Goal of the exercise: Set down exactly the lines below, starting at the one that contains "(kind : Kind)" and ending at the one that contains "dispatch-Changed Kind.file_offer doc", with both of those lines included and nothing else.

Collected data
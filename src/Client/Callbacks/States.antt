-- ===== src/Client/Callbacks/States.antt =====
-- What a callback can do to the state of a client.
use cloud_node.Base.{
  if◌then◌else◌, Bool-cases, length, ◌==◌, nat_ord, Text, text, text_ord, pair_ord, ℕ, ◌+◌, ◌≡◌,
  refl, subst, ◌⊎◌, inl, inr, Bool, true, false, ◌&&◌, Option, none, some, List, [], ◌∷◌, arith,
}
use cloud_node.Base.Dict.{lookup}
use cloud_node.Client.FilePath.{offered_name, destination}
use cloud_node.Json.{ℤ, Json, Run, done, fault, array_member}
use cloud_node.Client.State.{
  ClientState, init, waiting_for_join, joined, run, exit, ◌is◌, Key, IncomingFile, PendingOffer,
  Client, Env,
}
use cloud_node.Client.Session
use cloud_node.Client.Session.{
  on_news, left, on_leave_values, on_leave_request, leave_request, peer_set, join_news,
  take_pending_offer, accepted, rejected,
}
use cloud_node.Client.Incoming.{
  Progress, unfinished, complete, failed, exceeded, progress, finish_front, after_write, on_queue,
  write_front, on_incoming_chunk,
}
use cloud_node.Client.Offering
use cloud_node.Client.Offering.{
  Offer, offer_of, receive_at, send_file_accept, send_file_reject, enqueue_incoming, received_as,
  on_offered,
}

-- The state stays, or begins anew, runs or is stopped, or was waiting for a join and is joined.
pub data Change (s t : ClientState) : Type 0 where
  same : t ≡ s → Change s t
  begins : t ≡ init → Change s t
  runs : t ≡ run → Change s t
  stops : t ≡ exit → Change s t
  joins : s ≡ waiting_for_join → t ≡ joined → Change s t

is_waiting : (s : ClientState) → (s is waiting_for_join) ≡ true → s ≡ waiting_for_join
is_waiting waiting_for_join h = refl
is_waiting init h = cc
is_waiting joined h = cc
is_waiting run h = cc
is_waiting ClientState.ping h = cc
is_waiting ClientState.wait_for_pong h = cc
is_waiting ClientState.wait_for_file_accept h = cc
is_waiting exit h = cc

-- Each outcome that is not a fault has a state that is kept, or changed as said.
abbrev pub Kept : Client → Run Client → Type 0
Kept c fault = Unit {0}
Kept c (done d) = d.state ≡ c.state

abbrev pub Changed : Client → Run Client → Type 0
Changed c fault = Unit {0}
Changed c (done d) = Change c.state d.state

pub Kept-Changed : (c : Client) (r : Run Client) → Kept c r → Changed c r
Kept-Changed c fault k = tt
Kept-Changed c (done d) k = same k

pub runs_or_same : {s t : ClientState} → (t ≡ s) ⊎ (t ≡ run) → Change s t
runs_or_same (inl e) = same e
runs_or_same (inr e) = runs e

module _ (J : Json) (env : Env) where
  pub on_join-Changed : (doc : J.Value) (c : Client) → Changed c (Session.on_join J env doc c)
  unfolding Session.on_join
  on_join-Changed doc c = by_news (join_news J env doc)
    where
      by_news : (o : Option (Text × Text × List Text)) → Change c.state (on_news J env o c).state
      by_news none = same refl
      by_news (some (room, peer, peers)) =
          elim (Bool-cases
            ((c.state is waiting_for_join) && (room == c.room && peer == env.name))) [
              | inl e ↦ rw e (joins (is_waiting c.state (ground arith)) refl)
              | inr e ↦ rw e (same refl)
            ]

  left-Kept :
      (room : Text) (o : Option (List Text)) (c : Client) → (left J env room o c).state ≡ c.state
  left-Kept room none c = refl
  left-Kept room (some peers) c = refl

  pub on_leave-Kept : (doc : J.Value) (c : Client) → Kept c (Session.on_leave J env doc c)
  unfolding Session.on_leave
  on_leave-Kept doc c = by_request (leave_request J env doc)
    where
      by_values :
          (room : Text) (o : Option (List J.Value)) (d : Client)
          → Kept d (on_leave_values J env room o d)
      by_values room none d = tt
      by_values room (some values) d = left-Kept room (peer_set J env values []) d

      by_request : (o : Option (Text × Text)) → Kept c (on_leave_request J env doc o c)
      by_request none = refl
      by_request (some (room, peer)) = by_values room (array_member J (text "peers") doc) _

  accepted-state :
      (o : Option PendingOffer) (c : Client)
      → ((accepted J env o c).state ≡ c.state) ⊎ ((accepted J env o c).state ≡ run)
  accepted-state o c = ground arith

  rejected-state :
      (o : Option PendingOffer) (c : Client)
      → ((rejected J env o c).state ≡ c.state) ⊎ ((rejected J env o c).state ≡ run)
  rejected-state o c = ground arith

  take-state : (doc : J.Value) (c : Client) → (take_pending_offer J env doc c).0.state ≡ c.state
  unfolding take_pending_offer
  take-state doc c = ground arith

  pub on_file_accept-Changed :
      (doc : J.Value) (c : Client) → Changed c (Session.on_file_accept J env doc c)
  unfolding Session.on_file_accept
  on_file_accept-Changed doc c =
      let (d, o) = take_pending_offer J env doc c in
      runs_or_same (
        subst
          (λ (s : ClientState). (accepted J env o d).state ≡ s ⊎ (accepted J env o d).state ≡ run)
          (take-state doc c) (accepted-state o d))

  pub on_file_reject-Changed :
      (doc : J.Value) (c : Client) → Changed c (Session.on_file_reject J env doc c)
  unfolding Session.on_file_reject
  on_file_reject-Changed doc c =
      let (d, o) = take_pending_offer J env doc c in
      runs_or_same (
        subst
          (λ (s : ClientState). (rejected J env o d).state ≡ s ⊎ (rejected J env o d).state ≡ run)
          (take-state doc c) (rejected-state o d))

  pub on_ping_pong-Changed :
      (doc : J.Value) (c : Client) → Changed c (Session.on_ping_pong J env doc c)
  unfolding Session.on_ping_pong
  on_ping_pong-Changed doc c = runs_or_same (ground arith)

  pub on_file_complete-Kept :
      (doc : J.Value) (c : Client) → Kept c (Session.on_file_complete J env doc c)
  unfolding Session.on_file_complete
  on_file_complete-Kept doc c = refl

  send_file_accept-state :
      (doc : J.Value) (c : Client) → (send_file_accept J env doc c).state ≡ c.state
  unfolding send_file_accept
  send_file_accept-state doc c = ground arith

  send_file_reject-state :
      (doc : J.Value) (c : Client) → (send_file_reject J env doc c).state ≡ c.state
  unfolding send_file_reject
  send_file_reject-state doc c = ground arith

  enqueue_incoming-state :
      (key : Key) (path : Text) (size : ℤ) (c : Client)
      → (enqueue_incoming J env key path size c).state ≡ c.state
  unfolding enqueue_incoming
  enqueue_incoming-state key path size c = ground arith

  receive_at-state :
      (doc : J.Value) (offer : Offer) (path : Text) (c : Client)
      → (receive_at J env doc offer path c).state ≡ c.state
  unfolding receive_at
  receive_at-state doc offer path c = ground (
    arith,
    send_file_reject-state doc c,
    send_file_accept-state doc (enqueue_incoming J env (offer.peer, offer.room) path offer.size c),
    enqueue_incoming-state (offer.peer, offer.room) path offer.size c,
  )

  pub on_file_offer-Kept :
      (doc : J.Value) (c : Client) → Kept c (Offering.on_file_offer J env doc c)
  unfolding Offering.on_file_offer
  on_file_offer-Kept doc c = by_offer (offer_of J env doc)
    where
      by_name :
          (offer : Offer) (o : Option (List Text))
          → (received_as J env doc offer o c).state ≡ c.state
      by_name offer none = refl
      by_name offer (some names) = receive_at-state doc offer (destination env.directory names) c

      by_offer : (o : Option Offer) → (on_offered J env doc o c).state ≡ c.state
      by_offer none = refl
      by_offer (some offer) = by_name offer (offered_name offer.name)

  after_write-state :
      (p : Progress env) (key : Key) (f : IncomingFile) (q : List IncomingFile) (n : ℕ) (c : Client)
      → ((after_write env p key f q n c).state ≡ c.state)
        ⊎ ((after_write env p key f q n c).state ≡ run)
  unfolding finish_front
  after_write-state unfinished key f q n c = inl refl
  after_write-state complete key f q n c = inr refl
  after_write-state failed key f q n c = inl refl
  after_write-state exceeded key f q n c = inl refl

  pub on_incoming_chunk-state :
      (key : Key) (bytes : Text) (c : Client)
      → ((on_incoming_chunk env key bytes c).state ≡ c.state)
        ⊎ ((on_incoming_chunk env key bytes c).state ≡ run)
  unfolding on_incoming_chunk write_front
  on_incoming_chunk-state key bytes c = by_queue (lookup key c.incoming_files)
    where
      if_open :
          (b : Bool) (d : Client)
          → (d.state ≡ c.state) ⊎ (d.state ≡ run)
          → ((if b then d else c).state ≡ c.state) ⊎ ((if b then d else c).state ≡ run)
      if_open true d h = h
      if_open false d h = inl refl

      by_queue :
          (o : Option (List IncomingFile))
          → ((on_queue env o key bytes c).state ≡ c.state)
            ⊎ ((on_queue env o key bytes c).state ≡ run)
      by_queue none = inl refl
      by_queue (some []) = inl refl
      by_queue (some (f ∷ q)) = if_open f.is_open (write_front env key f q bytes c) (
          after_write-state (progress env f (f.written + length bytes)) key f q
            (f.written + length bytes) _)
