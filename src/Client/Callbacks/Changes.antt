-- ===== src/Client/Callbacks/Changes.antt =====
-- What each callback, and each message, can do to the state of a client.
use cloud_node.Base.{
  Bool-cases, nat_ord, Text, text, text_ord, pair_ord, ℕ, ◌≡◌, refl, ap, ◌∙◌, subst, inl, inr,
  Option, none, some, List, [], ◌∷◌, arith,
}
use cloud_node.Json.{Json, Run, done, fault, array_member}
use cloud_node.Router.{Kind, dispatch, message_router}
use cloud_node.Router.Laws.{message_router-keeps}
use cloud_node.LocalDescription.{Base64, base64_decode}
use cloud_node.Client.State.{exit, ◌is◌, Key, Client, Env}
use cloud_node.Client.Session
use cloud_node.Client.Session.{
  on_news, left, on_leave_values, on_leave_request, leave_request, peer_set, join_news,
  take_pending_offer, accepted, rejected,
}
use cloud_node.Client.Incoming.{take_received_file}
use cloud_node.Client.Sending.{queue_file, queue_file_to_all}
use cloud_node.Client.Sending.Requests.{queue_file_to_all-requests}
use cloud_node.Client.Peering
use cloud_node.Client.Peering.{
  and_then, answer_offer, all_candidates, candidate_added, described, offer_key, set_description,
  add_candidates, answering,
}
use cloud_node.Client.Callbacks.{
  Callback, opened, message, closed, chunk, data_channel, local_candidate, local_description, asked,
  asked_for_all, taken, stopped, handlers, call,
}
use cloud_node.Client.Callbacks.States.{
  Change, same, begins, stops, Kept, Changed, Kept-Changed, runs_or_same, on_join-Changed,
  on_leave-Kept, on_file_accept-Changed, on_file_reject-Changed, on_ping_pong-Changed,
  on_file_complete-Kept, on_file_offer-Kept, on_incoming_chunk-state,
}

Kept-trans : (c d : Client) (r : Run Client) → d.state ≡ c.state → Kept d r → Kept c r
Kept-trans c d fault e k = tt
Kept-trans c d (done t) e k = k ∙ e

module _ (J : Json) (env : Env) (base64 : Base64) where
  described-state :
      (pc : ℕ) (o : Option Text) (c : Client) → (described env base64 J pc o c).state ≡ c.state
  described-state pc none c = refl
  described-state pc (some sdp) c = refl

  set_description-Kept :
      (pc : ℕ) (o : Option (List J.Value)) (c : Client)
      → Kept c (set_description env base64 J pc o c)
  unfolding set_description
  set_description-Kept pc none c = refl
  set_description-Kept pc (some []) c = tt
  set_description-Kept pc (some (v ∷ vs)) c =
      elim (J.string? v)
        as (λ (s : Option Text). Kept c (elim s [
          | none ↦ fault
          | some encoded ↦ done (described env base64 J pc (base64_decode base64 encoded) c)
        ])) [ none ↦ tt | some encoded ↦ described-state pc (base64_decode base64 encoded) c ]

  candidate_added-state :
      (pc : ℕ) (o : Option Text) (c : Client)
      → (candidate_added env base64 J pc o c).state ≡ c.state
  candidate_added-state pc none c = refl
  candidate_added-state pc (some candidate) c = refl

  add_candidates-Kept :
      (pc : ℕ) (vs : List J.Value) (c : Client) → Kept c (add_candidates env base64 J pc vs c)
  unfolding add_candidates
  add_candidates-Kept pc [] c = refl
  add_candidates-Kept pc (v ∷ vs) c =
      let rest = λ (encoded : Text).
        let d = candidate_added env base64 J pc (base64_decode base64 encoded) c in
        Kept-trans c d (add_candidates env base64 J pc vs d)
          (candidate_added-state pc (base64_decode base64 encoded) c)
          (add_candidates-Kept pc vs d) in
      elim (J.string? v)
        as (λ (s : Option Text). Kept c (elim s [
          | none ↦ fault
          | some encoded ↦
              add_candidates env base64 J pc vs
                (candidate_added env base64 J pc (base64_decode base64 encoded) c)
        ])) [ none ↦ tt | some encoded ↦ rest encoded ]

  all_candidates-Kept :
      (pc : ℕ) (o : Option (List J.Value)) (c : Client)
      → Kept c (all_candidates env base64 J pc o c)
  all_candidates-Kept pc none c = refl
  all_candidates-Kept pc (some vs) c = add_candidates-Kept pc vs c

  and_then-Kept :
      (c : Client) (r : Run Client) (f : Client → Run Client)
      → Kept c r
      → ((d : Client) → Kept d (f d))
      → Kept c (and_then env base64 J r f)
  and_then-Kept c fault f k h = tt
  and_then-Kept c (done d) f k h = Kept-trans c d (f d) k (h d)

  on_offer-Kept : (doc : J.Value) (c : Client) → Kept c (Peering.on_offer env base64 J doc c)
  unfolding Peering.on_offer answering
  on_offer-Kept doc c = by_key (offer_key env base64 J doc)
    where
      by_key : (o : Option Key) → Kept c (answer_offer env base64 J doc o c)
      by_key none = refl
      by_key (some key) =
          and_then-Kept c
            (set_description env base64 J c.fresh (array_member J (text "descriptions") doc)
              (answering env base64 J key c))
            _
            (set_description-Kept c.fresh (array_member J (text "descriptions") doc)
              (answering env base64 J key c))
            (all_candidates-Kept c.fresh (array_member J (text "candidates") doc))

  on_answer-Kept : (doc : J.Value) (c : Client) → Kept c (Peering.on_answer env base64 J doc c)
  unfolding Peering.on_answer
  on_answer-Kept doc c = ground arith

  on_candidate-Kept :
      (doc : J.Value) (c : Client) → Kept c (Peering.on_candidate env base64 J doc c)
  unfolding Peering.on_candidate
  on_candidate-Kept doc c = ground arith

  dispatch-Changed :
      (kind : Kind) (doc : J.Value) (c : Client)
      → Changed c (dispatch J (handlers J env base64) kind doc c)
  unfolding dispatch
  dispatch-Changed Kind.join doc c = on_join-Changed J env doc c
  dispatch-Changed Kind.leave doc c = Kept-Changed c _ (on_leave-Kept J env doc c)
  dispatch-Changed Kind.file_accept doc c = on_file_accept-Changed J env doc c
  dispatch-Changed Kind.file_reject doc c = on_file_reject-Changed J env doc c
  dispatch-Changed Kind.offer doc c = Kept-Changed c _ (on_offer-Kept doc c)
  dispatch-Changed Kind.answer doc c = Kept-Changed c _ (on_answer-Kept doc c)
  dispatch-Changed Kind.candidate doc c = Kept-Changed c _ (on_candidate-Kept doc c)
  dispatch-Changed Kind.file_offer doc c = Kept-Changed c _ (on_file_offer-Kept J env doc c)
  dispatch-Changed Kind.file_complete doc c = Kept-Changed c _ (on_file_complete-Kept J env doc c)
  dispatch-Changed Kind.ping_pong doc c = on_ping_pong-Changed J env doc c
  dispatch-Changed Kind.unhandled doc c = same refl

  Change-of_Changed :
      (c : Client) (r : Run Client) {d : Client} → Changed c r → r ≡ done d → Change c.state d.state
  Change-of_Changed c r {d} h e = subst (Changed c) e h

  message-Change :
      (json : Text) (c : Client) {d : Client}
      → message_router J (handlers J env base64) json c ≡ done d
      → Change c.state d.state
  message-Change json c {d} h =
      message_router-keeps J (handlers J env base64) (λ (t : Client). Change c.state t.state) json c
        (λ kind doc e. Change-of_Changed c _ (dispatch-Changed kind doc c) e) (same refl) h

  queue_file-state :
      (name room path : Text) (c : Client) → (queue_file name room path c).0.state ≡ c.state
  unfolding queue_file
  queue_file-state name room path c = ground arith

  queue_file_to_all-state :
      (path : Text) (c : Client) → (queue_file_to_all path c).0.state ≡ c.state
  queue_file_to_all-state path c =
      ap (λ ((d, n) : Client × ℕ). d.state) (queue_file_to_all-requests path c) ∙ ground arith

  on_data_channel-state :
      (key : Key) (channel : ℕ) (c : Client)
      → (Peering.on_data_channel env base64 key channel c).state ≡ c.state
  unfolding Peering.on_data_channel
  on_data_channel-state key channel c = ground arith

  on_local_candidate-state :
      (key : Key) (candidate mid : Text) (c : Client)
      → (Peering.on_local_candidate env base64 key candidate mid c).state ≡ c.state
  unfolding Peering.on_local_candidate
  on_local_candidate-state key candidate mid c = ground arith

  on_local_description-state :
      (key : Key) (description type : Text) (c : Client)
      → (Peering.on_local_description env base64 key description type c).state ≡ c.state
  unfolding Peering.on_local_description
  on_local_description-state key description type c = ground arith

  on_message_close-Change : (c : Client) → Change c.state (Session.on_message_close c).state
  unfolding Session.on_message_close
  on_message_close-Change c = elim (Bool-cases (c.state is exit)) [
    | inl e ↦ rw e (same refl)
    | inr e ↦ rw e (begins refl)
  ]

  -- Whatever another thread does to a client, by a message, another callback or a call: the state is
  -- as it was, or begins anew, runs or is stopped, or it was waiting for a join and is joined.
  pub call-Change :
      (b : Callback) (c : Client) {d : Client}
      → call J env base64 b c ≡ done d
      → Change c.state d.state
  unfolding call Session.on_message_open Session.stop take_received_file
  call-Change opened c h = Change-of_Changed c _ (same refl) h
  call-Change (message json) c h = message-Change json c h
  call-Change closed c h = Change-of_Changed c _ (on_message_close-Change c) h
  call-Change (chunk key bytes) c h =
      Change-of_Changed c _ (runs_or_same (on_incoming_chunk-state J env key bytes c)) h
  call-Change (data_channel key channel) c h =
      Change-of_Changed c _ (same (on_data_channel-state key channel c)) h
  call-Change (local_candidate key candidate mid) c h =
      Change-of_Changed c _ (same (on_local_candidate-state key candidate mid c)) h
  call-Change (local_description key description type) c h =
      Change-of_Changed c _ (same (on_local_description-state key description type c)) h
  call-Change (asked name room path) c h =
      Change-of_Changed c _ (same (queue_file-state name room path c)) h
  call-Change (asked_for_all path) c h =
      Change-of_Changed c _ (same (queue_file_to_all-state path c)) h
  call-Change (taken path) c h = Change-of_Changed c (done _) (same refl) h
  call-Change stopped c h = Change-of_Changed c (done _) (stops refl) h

Solution to the exercise:
      (kind : Kind) (doc : J.Value) (c : Client)
      → Changed c (dispatch J (handlers J env base64) kind doc c)
  unfolding dispatch
  dispatch-Changed Kind.join doc c = on_join-Changed J env doc c
  dispatch-Changed Kind.leave doc c = Kept-Changed c _ (on_leave-Kept J env doc c)
  dispatch-Changed Kind.file_accept doc c = on_file_accept-Changed J env doc c
  dispatch-Changed Kind.file_reject doc c = on_file_reject-Changed J env doc c
  dispatch-Changed Kind.offer doc c = Kept-Changed c _ (on_offer-Kept doc c)
  dispatch-Changed Kind.answer doc c = Kept-Changed c _ (on_answer-Kept doc c)
  dispatch-Changed Kind.candidate doc c = Kept-Changed c _ (on_candidate-Kept doc c)
  dispatch-Changed Kind.file_offer doc c = Kept-Changed c _ (on_file_offer-Kept J env doc c)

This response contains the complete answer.